══ WORKING DATA ══

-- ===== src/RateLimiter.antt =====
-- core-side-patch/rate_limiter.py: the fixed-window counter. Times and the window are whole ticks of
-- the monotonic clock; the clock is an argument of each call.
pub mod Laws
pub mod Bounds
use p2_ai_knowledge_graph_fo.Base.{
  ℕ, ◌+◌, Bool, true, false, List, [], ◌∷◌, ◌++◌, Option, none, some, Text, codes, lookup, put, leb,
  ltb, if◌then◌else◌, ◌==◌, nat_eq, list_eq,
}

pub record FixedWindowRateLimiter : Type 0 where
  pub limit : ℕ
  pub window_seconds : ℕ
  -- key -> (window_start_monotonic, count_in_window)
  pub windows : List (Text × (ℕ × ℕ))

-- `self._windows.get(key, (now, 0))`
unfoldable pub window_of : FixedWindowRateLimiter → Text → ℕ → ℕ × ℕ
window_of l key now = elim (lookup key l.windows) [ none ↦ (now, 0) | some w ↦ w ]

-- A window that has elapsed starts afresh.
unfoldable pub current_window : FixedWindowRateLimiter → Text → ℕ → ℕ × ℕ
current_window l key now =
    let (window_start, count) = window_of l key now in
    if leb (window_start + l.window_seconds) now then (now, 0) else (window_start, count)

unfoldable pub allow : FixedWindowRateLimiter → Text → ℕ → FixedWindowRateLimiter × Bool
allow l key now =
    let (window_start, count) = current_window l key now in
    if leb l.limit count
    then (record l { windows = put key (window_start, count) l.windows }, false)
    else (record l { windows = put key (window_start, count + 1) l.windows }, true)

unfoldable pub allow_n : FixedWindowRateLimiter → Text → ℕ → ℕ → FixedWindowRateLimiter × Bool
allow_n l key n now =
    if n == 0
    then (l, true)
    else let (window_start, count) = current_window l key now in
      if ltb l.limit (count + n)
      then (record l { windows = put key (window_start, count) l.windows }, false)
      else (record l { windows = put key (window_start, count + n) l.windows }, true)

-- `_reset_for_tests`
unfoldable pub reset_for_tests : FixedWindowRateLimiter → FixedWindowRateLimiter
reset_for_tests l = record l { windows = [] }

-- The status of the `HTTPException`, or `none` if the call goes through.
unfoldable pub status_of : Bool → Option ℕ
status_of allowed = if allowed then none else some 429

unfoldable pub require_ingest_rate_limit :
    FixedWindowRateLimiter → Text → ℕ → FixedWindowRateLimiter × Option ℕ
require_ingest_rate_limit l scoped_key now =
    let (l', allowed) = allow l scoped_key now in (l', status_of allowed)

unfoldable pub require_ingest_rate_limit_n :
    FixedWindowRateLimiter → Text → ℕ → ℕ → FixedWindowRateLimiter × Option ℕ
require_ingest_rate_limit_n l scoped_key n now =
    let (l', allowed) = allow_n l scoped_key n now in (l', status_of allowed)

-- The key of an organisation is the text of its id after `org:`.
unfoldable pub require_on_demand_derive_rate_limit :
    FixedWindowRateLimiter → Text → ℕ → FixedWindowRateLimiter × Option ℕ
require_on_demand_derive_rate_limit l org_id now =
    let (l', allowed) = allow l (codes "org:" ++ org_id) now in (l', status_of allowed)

═══
══ WORKING DATA ══

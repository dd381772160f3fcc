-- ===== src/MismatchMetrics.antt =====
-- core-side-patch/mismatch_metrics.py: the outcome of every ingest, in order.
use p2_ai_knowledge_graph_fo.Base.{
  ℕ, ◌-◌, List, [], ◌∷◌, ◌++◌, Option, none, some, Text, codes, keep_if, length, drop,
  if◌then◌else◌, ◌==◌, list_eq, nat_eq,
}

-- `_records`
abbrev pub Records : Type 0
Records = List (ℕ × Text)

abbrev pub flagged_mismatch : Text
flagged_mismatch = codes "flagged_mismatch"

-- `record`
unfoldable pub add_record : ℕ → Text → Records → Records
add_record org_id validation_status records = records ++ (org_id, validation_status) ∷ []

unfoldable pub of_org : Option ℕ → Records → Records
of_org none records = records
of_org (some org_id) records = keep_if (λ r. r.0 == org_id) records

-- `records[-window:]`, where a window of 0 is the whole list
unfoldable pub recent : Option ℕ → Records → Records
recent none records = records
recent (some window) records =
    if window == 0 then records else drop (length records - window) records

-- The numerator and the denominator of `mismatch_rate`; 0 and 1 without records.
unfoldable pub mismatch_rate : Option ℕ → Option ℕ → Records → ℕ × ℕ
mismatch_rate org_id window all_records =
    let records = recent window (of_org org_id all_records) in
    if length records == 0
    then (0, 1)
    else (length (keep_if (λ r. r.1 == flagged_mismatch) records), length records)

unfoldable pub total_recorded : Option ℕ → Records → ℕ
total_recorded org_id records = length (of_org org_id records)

═══
══ WORKING DATA ══

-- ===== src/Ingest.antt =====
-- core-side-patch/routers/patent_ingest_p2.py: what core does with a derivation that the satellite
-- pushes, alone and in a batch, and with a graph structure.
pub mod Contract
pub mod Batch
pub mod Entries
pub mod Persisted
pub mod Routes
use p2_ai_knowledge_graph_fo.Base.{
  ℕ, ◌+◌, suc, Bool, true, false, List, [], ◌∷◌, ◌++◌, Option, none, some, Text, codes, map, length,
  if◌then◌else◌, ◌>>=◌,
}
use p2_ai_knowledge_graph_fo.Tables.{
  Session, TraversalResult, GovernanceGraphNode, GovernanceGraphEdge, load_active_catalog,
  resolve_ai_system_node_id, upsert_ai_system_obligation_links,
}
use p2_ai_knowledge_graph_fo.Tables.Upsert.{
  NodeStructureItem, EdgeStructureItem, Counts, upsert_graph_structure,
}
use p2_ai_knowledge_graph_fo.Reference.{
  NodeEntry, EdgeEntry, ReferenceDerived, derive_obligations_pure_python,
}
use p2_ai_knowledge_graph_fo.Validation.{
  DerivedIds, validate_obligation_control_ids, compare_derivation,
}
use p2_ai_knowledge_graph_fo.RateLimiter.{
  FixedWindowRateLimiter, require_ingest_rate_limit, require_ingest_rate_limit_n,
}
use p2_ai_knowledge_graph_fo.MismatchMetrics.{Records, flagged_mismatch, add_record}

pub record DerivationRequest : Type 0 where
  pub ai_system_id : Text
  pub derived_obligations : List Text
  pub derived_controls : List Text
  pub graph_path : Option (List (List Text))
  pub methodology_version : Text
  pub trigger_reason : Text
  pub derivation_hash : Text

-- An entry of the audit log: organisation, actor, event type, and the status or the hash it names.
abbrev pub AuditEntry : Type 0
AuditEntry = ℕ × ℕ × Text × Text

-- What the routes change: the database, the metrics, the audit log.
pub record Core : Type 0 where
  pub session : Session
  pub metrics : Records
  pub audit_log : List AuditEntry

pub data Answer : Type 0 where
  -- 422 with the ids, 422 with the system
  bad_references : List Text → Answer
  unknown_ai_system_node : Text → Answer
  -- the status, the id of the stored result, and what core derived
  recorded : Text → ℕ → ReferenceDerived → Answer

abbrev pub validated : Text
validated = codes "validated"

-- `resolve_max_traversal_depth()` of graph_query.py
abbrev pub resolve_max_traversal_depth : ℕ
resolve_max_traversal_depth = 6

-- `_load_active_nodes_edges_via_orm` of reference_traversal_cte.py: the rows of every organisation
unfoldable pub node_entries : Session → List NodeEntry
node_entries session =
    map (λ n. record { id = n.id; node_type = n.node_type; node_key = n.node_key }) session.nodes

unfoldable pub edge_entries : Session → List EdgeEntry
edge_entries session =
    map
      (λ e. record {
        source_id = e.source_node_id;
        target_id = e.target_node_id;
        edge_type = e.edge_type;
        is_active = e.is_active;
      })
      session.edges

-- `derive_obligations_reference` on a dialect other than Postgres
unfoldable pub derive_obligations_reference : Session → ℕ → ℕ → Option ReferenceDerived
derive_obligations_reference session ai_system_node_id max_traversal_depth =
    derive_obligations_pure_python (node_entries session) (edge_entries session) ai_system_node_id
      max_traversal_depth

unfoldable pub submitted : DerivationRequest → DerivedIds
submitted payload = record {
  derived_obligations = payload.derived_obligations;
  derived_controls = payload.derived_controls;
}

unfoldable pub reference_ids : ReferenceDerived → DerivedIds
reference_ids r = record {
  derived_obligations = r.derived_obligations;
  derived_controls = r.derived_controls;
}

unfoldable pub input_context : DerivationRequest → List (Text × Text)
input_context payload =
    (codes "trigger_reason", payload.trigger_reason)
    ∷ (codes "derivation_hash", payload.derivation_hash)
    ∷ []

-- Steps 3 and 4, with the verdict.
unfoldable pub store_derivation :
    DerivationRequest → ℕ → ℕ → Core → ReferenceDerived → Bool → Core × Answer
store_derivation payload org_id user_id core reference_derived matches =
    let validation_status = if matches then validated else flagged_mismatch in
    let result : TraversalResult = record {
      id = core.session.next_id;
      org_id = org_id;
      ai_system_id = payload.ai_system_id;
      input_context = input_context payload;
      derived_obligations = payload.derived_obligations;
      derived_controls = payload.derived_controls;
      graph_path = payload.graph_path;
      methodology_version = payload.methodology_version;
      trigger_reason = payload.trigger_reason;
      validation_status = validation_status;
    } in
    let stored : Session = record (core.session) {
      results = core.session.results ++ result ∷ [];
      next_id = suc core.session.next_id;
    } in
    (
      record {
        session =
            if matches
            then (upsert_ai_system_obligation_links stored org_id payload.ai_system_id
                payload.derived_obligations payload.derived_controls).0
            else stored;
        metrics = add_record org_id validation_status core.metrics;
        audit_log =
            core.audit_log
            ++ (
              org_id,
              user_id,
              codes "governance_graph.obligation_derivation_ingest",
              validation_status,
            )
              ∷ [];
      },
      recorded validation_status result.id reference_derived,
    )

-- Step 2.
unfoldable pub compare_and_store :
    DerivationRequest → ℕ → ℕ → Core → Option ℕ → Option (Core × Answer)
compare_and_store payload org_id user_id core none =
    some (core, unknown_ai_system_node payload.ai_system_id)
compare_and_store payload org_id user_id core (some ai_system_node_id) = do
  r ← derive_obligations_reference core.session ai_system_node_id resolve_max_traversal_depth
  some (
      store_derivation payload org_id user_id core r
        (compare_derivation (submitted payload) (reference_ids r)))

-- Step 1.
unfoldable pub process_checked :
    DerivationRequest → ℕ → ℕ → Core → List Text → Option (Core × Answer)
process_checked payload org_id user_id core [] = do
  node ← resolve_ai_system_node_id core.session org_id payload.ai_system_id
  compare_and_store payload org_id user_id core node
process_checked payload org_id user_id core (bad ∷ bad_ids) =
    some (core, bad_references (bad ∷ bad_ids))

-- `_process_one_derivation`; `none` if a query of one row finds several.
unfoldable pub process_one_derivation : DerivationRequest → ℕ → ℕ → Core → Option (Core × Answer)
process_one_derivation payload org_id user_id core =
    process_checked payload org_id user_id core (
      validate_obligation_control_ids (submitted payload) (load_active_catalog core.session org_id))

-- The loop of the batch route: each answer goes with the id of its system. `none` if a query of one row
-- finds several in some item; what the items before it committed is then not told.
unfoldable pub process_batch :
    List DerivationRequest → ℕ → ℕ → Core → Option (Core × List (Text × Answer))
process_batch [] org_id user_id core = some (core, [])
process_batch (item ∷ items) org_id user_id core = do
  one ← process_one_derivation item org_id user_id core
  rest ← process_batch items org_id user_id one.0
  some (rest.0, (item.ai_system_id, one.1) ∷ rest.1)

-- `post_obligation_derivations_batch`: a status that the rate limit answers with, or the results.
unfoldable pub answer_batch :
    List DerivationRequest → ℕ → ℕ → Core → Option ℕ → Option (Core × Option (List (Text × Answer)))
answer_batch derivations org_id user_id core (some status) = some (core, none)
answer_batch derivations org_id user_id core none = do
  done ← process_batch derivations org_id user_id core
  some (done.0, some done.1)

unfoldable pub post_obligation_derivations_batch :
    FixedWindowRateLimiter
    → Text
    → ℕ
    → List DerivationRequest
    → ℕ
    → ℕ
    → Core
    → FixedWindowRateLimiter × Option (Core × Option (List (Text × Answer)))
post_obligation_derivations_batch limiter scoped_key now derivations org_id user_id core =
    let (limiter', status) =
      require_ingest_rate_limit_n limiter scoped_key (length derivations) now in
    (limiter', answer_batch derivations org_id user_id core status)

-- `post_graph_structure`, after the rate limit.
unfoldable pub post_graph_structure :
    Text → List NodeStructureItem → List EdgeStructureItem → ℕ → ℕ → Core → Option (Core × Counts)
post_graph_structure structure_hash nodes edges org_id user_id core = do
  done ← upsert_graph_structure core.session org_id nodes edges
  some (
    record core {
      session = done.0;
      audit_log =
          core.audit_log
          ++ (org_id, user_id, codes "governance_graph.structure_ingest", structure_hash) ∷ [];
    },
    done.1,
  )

═══

→ WHAT IS BEING ASKED
Beginning at the line above with "compare_and_store payload org_id user_id core (some" and finishing at the line with "some (core, bad_references", return each line exactly and return nothing else.

→ TASK SOLUTION
compare_and_store payload org_id user_id core (some ai_system_node_id) = do
  r ← derive_obligations_reference core.session ai_system_node_id resolve_max_traversal_depth
  some (
      store_derivation payload org_id user_id core r
        (compare_derivation (submitted payload) (reference_ids r)))

-- Step 1.
unfoldable pub process_checked :
    DerivationRequest → ℕ → ℕ → Core → List Text → Option (Core × Answer)
process_checked payload org_id user_id core [] = do
  node ← resolve_ai_system_node_id core.session org_id payload.ai_system_id
  compare_and_store payload org_id user_id core node
process_checked payload org_id user_id core (bad ∷ bad_ids) =
    some (core, bad_references (bad ∷ bad_ids))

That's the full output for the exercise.